Covid-19: le mariage forcé guette 500.000 jeunes filles
1 octobre 2020Les conclusions du dernier rapport de l'ONG Save the children font froid dans le dos : la pandémie de Covid-19 est en train d'exacerber les inégalités de genre et de faire reculer des progrès que l'on espérait acquis. 500.000 jeunes femmes supplémentaires dans le monde risquent ainsi d'être mariées contre leur gré cette année.
Les jeunes filles, plus exposées
En Afrique, les jeunes filles sont particulièrement exposées aux répercussions de la pandémie.
Et surtout dans le Sahel, la région dont s'occupe Valérie Dagnimisom Sorgho Koutou, de Save the children. Depuis Ouagadougou, elle détaille les affres du virus, venu se greffer sur une région déjà en proie aux violences liées au terrorisme.
"C'est dû au confinement, à l'absence de l'accessibilité aux services sociaux de base de santé, à la hausse de la pauvreté, à l'insécurité alimentaire et à la fermeture des écoles aussi qui sont venues s'ajouter à la crise humanitaire qui existait déjà", explique Valérie Dagnimisom Sorgho Koutou.
Cliquez ci-contre pour écouter l'intégralité de l'entretien avec Valérie Dagnimisom Sorgho Koutou:
"Sur ce dessin, c'est moi qui pleure"
Pour mener son étude, l'ONG a recueilli les témoignages de jeunes filles. Comme Subira, de Tanzanie, qui a quitté l'école après la primaire.
Agée de 15 ans, elle a échappé de justesse au mariage auquel ses parents voulaient la contraindre avec un homme de 45 ans.
A la demande de l'association, elle a fait un dessin pour raconter son histoire:
"Sur ce dessin, on voit mon père, ma mère, et deux autres personnes qui nous apportent la dot.
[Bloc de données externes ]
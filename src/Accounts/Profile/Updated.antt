-- ===== src/Accounts/Profile/Updated.antt =====
-- What an edit of a profile leaves, and what a null role answers.
use stranger_club.Base.{
  ◌==◌, eq_iff, ap, Bool-cases, or_default, ◌∙◌, sym, ℕ, ◌≡◌, ◌≢◌, refl, Bool, true, false, not,
  none, some, arith, inl, inr, Option-cases,
}
use stranger_club.Db.Query.{delete, get, update, first_where}
use stranger_club.Db.Query.Laws.{
  count_where_pos, get-update, get-update_self, first_where-get, first_where-none,
}
use stranger_club.Db.Query.Bulk.{count_where_unique}
use stranger_club.Db.Query.Deletion.{get-delete}
use stranger_club.Exec.{Result, ok, err, run, except_integrity, ◌>>=◌}
use stranger_club.Exec.Ends.{Ends-pure, Ends-require, Ends-commit, Ends-run, Ends-found, Ends-gets}
use stranger_club.Exec.Passes.{Passes-found}
use stranger_club.Avatars.{PlayerProfile, profile_of}
use stranger_club.Accounts.{Account, Accounts}
use stranger_club.Accounts.Passwords.{email_taken}
use stranger_club.Accounts.Profile.{
  count_where, lower, role_or, has_email, text_is, Position, String, Option, ProfileUpdate,
  is_null_role, edited_profile, new_email, index_is_free, with_email, update_profile, flush_profile,
}
use stranger_club.Accounts.Sound.{Sound}
use stranger_club.Accounts.Sound.Edits.{Ends-flush_profile}

-- What a given field, or one that is left out, does to the value that was stored.
abbrev pub Writes {ℓ} : {A : Type ℓ} → Option A → A → A → Type ℓ
Writes none old new = new ≡ old
Writes (some given) old new = new ≡ given

-- The same for the role, of which a null is none.
abbrev pub WritesRole : Option (Option Position) → Position → Position → Type 0
WritesRole none old new = new ≡ old
WritesRole (some none) old new = ⊥
WritesRole (some (some given)) old new = new ≡ given

-- The same for the email, of which a null is one that is left out.
abbrev pub WritesEmail : Option String → Option String → Option String → Type 0
WritesEmail none old new = new ≡ old
WritesEmail (some given) old new = new ≡ some given

-- `old` and `row` are the profile before and after, `player` and `player'` the account.
pub record Updated (d : Accounts) (id : ℕ) (p : ProfileUpdate) (row : PlayerProfile) (w : Accounts)
    : Type 0 where
  pub k : ℕ
  pub old : PlayerProfile
  pub found : get d.profiles k ≡ some old
  pub own : old.user_id ≡ id
  pub stored : get w.profiles k ≡ some row
  pub still_own : row.user_id ≡ id
  pub display_name : Writes p.display_name old.display_name row.display_name
  pub role : WritesRole p.cricket_role old.cricket_role row.cricket_role
  pub skill_rating : Writes p.skill_rating old.skill_rating row.skill_rating
  pub bio : Writes p.bio old.bio row.bio
  pub phone : Writes p.phone old.phone row.phone
  pub same_avatar : row.avatar_design_id ≡ old.avatar_design_id
  pub player : Account
  pub player' : Account
  pub in_users : get d.users id ≡ some player
  pub kept_in_users : get w.users id ≡ some player'
  pub email : WritesEmail p.email player.email player'.email
  pub no_twin :
      (given : String) (j : ℕ) (b : Account)
      → p.email ≡ some given
      → j ≢ id
      → get w.users j ≡ some b
      → has_email (lower given) b ≡ false
  pub same_account : player' ≡ record player { email = player'.email }
  pub others : (j : ℕ) → j ≢ id → get w.users j ≡ get d.users j
  pub other_profiles : (j : ℕ) → j ≢ k → get w.profiles j ≡ get d.profiles j
  pub same_sessions : w.sessions ≡ d.sessions
  pub same_challenges : w.challenges ≡ d.challenges

abbrev pub IfUpdated : Accounts → ℕ → ProfileUpdate → Result PlayerProfile → Accounts → Type 0
IfUpdated d id p (ok row) w = Updated d id p row w
IfUpdated d id p (err e) w = w ≡ d

no_null : {b : Bool} → not b ≡ true → b ≡ false
no_null {b} h = ground arith

written {ℓ} : {A : Type ℓ} → (o : Option A) (old : A) → Writes o old (or_default o old)
written none old = refl
written (some given) old = refl

written_role :
    (o : Option (Option Position)) (old : Position)
    → is_null_role o ≡ false
    → WritesRole o old (role_or o old)
written_role none old h = refl
written_role (some none) old h = absurd (cc (h))
written_role (some (some given)) old h = refl

text_is_lem : (o : Option String) (s : String) → text_is o s ≡ true → o ≡ some s
text_is_lem none s h = cc h
text_is_lem (some t) s h = ap some ((eq_iff t s).0 h)

same_account_lem :
    (o : Option String) (a : Account) → with_email o a ≡ record a { email = (with_email o a).email }
same_account_lem none a = refl
same_account_lem (some given) a = refl

written_email :
    (o : Option String) (p : ProfileUpdate) (a : Account)
    → p.email ≡ o
    → WritesEmail o a.email (with_email (new_email p a) a).email
unfolding new_email
written_email none p a e = rw e refl
written_email (some given) p a e = elim (Bool-cases (text_is a.email given)) [
  | inl same ↦ rw (e, same) (text_is_lem a.email given same)
  | inr differ ↦ rw (e, differ) refl
]

module _ (id : ℕ) (p : ProfileUpdate) (d : Accounts) (s : Sound d) (player : Account)
    (held : get d.users id ≡ some player) where
  -- No other account has the email, whether it is new or the one that is stored.
  no_twin_lem :
      (given : String) (j : ℕ) (b : Account)
      → p.email ≡ some given
      → index_is_free id (new_email p player) d ≡ true
      → j ≢ id
      → get d.users j ≡ some b
      → has_email (lower given) b ≡ false
  unfolding new_email
  no_twin_lem given j b e free other held' = elim (Bool-cases (has_email (lower given) b)) [
    | inr other_email ↦ other_email
    | inl twin ↦ elim (Bool-cases (text_is player.email given)) [
      | inl same ↦
          let named : has_email (lower given) player ≡ true =
            rw (text_is_lem player.email given same) ((eq_iff _ _).1 refl) in
          absurd (
            other (
              count_where_unique (has_email (lower given)) d.users j id b player
                (s.identity.one_email (lower given)) held' twin held named))
      | inr differ ↦
          let unused : (count_where (has_email (lower given)) (delete d.users id) == 0) ≡ true =
            cc (free, e, differ) in
          absurd (
            ground (
              arith,
              unused,
              count_where_pos (has_email (lower given)) (delete d.users id) j b
                  (ground (arith, other, get-delete d.users id j, held')) twin,
            ))
    ]
  ]

  abbrev edited_accounts : ℕ → PlayerProfile → Accounts
  edited_accounts k old = record d {
    users = update d.users id (with_email (new_email p player) player);
    profiles = update d.profiles k (edited_profile p old);
  }

  edited_row :
      (k : ℕ) (old : PlayerProfile)
      → first_where (profile_of id) d.profiles ≡ some (k, old)
      → index_is_free id (new_email p player) d ≡ true
      → is_null_role p.cricket_role ≡ false
      → Updated d id p (edited_profile p old) (edited_accounts k old)
  unfolding edited_profile
  edited_row k old e free role =
      let (found, own) =
        first_where-get (profile_of id) d.profiles k old s.identity.avatars.table e in
      let player' = with_email (new_email p player) player in
      let same : old.user_id ≡ id = ground (arith, own) in
      let others : (j : ℕ) → j ≢ id → get (update d.users id player') j ≡ get d.users j =
        λ j other. ground (arith, get-update d.users id j player' player held) in
      record {
        k = k;
        old = old;
        found = found;
        own = same;
        stored = get-update_self d.profiles k (edited_profile p old) old found;
        still_own = same;
        display_name = written p.display_name old.display_name;
        role = written_role p.cricket_role old.cricket_role role;
        skill_rating = written p.skill_rating old.skill_rating;
        bio = written p.bio old.bio;
        phone = written p.phone old.phone;
        same_avatar = refl;
        player = player;
        player' = player';
        in_users = held;
        kept_in_users = get-update_self d.users id player' player held;
        email = written_email p.email p player refl;
        no_twin =
            λ given j b e other at. no_twin_lem given j b e free other (sym (others j other) ∙ at);
        same_account = same_account_lem (new_email p player) player;
        others = others;
        other_profiles =
            λ j other. ground (arith, get-update d.profiles k j (edited_profile p old) old found);
        same_sessions = refl;
        same_challenges = refl;
      }

-- On sound accounts a player has a profile.
has_profile :
    (id : ℕ) (player : Account) (d : Accounts)
    → Sound d
    → get d.users id ≡ some player
    → (row : ℕ × PlayerProfile) × (first_where (profile_of id) d.profiles ≡ some row)
has_profile id player d s held = elim (Option-cases (first_where (profile_of id) d.profiles)) [
  | inl missing ↦ absurd (
      ground (
        arith,
        held,
        s.identity.one_profile id,
        first_where-none (profile_of id) d.profiles missing,
      ))
  | inr found ↦ found
]

-- On sound accounts, an edit of a profile that succeeds leaves in the player's own profile each of
-- the display name, role, skill rating, bio and phone as it was given, or as it was where it was left
-- out, and in the player's account the email that was given, which no other account has in any case
-- of its letters; no role was given as null, nothing else of the two rows and no other profile,
-- account, session or code changes. One that fails changes nothing.
pub update_profile-Updated :
    (id : ℕ) (before : Accounts) (p : ProfileUpdate) (d : Accounts)
    → Sound d
    → let (answer, w) = run (update_profile id before p) d in IfUpdated d id p answer w
unfolding update_profile
update_profile-Updated id before p d s = Ends-run {Q = IfUpdated d id p} _ d (
    Ends-gets _ _ _ (
      Ends-found _ _ _ _ refl λ player held.
        let ((k, old), e) = has_profile id player d s held in
        Ends-gets _ _ _ (
          Ends-require _ _ _ _ refl λ unseen. Ends-require _ _ _ _ refl λ has_row.
            Ends-flush_profile id p player (first_where (profile_of id) d.profiles) _ _ refl
              λ free role. Ends-commit _ _ (
                rw e (
                  Passes-found _ (k, old) _ _ _ refl
                    (Ends-pure _ _
                      (edited_row id p d s player held k old e free (no_null role))))))))

-- On sound accounts, an edit that gives a null for the role and no email answers 409 EMAIL_TAKEN and
-- changes nothing.
pub update_profile-null_role :
    (id : ℕ) (before : Accounts) (p : ProfileUpdate) (player : Account) (d : Accounts)
    → Sound d
    → get d.users id ≡ some player
    → p.cricket_role ≡ some none
    → p.email ≡ none
    → run (update_profile id before p) d ≡ (err email_taken, d)
unfolding update_profile flush_profile new_email run ◌>>=◌ except_integrity
update_profile-null_role id before p player d s held null_role no_email =
    let ((k, old), e) = has_profile id player d s held in
    rw (held, e, no_email, null_role) (ground arith)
Et puis la personne en pleurs, par terre, c'est moi. [...] Comme beaucoup d'autres jeunes filles, j'allais gagner un peu d'argent, j'étais assistante dans un salon de couture, j'aidais pour les essayages. Mais avec la Covid-19, on a dû rester à la maison et on a perdu nos revenus."
"Je veux retourner à l'école"
Tatu, une autre Tanzanienne de 17 ans, se souvient de son malheur au moment de son mariage … en échange, ses parents, éleveurs, ont reçu des vaches en cadeau. Tatu est maintenant mère de deux enfants.
"Ce que je voudrais, c'est retourner à l'école si c'est possible. J'ai envie d'avoir plus de connaissances. Pour moi, le mariage précoce, c'est une violence parce que la jeune fille est immature, elle ne peut rien décider par elle-même. Je veux que mes enfants aillent à l'école et me soutiennent plus tard. J'ai appris de ma propre erreur et je ne veux marier aucun de mes enfants trop jeune."
D'après Save the Children, 9,7 millions d'enfants dans le monde ne pourront plus jamais aller à l'école après la Covid-19.
Appels à agir
L'ONG en appelle aux gouvernements pour rouvrir au plus vite les écoles et changer les lois afin que les mineurs – et surtout les jeunes filles –soient moins vulnérables. L'ONG organise aussi des plaidoyers pour changer les normes sociales.
"Nous avons travaillé avec des leaders religieux et coutumiers dans des pays comme le Burkina ou le Mali, pour organiser aussi le dialogue parental car en dernier ressort, ce sont les parents qui décident du sort de leur fille. Les parents voient dans le mariage une forme de protection des enfants pour les mettre à l'abri du besoin, ce qui est faux et erroné", insiste Valérie Dagnimisom Sorgho Koutou
Save the children insiste aussi sur la nécessité de donner la parole aux jeunes filles elles-mêmes afin qu'elles puissent exprimer leurs souhaits et leurs besoins sur le court et le long terme.